# My unnamed squab



## Columbine06 (Apr 28, 2010)

I posted a long time ago about an egg in an incubator. As you can tell from my absence...that didn't work out. A day after I posted here all the vains had disappeared into a circle and the embryo vanished.

Anyways, outside my pigeons wanted babies and the Figurita's started up a nest, but me wanting to have at least one live baby placed 2 eggs(one homing and one figurita) under my ringnecks, who had just layed 2 unfertilized eggs.

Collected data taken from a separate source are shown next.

-- ===== src/Lib.antt =====
-- A verification library for the core of the Intelli Chat API (chat-intelli-api), an omnichannel
-- customer-service back end in TypeScript.
--
-- The parts and how they interact. Conversations move through a state machine, which writes the
-- conversation, an audit log and, in the same transaction, an event to an outbox. A poller leases
-- rows of the outbox and hands them to a queue; a worker takes a job from the queue, runs the
-- automation engine on it and settles the row. The engine finds the automations of the event's
-- trigger, evaluates their conditions on the payload, and runs their actions under a lock on the
-- contact and a rate limit. Beside it, tool calls of AI agents wait for a person to approve them,
-- and a worker runs those that are approved. Grants say which member of an organisation sees which
-- channel, and a router chooses the model for a call of an agent. A chatbot answers a conversation by
-- a flow of nodes until it transfers it or ends; the agent router says whether the AI answers a
-- message, and by which agent; and a watchdog runs the agent again where a message of the contact has
-- stayed without an answer, asking the router first, until it gives up and calls for a person. The
-- documents that agents look things up in are cut into chunks.
--
-- Which file models which code:
--   Base          shared names; Base/Table a database table as its rows and the queries on it,
--                 Base/Order ORDER BY and LIMIT, Base/Exec methods that write and may throw, and
--                 transactions, Base/Texts the methods of texts, Base/Numerals numbers in texts
--   Events        src/modules/automations/automations.types.ts
--   Outbox        src/modules/automations/outbox/outbox.service.ts (enqueue, deriveDedupKey);
--                 Outbox/Poller outbox-poller.service.ts (tick, claimBatch) and
--                 src/modules/automations/workers/automation-event.processor.ts (process)
--   Conversation  the rows of prisma/schema.prisma; Conversation/Fsm
--                 src/modules/messaging/conversations/conversation-fsm.service.ts
--                 (canTransition, transition, assign)
--   Ratings       src/modules/ratings/ratings.service.ts (requestRating, submitByToken)
--   Json          JSON values as JavaScript reads them
--   Conditions    src/modules/automations/engine/conditions-evaluator.ts: operators and fields, and in
--                 Conditions/Evaluate evaluate; Conditions/Validator
--                 src/modules/automations/automations.validator.ts (validateConditions)
--   Redis         src/modules/automations/redis/automation-redis.service.ts
--   Automation    the rows, parseActions and, in Automation/Loop, the loop of runActions of
--                 src/modules/automations/engine/automation-executor.service.ts, with
--                 src/modules/automations/actions/action.types.ts
--   Executor      the counters and pauses of automation-executor.service.ts, and in Executor/Engine
--                 execute
--   Pending       src/modules/ai-agents/confirmations: pending-action.service.ts and
--                 pending-action.storage.ts; Pending/Executor pending-action-executor.processor.ts
--   Access        src/modules/iam/channel-access/channel-access.service.ts
--   Models        src/modules/ai-agents/runner/model-router.service.ts, with
--                 src/modules/ai-agents/llm/llm.constants.ts
--   Actions       src/modules/automations/actions: action.types.ts; Actions/Tags, Actions/Assignment,
--                 Actions/Pipelines and Actions/Messages handlers/add-tag.handler.ts,
--                 remove-tag.handler.ts, assign-user.handler.ts, add-to-pipeline.handler.ts,
--                 move-pipeline-stage.handler.ts and send-message.handler.ts (execute)
--   Chatbot       src/modules/chatbot: the rows and chatbot-flows/chatbot-flows.repository.ts
--                 (findById, findActiveFlowForChannel); Chatbot/Flows its edits, and those of
--                 chatbot-flows.service.ts; Chatbot/Words and Chatbot/Nodes
--                 engine/node-executors/*.ts; Chatbot/Session session/chatbot-session.service.ts;
--                 Chatbot/Engine engine/chatbot-engine.service.ts (processMessage);
--                 Chatbot/Worker engine/chatbot.processor.ts (process)
--   Hours         isWithinBusinessHours and parseHourToMinutes of
--                 src/modules/ai-agents/router/agent-router.service.ts, which
--                 src/modules/routing/watchdog/watchdog-config.service.ts repeats
--   Router        agent-router.service.ts (selectAgent, shouldHandle)
--   Watchdog      src/modules/routing/watchdog: watchdog.service.ts (scheduleCheck, cancelCheck) and
--                 watchdog-config.service.ts (resolve); Watchdog/Check watchdog-timer.processor.ts
--                 (process); Watchdog/Cron watchdog-cron.service.ts (scanAndEnqueue)
--   Chunker       src/modules/ai-agents/rag/chunker.ts (chunkText, estimateTokens)
--
-- How the code is modelled. A table is the list of its rows in the order of their insertion, a query
-- a function on the list, and a method a function from the tables to its result and the tables
-- behind it; what throws keeps what was written before, unless a transaction takes it back, and so
-- does a taken key within a transaction, which PostgreSQL has aborted then. A text is its code points;
-- the chunker and the limit on the length of a message count UTF-16 code units. The queue keeps one
-- job of an id. The clock, random ids and tokens, and the errors of statements and of the queue are inputs. A time is
-- a number of milliseconds. Calls follow one another: two calls that run at once are modelled only
-- where the code expects them, as rows that are locked for the poller. toLowerCase is a parameter,
-- since its table is Unicode's, and so are the order of the numbers that parseFloat reads, the action
-- handlers of the engine (Actions models each of them on the tables that it uses), the HTTP tool
-- executor and, for the watchdog, the run of an agent, which may return or throw whatever they like.
-- Of the data of a chatbot's node the options of a menu and the value of a condition may be missing;
-- what is there has the type that its executor casts it to, and no time passes within a call of its
-- engine. What Intl says of the time in an organisation's zone is an input.
--
-- Bounds and fuel. Every loop runs over a list or a text and is a structural recursion, but for two:
-- the digits of a number take fuel, the number itself, which has no more digits than that; and the
-- loop of the chatbot's engine counts its rounds as the code does and takes fuel for one round more
-- than the most that the code allows, 21, which is proved to be enough. Natural numbers stand for the
-- counters and times of the code, which are not negative.
--
-- Not modelled: the timer of the poller and its database errors, those of the confirmations, the durations of runs, the
-- broadcast to open screens, logging, Redis when it does not answer, validateActions, and the other
-- modules (channels, messages, agents and their runner, departments, sales recovery, users).
pub mod Base
pub mod Events
pub mod Outbox
pub mod Conversation
pub mod Ratings
pub mod Json
pub mod Conditions
pub mod Redis
pub mod Automation
pub mod Executor
pub mod Pending
pub mod Access
pub mod Models
pub mod Actions
pub mod Chatbot
pub mod Hours
pub mod Router
pub mod Watchdog
pub mod Chunker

With all the shuffling a homingpigeon(oops) ended up under the figurita's and their second egg was a dud.

Anyway, last week the pigeon with the ringnecks hatched and 1 day later the figurita egg showed signs of hatching as well. But after a whole day it hadn't gotten any further, so I gently opened the egg, finding the baby alive.
Tired, but alive. I left the scale around his belly(I have read the horrors) and put it back.

Meanwhile the egg under figurita's also hatched, only to be found dead a day later, looking like he had fluids in his crop and in perfect shape...This has proven to me that they are lousy parents. This wasn't one of theirs so it couldn't have been genetics...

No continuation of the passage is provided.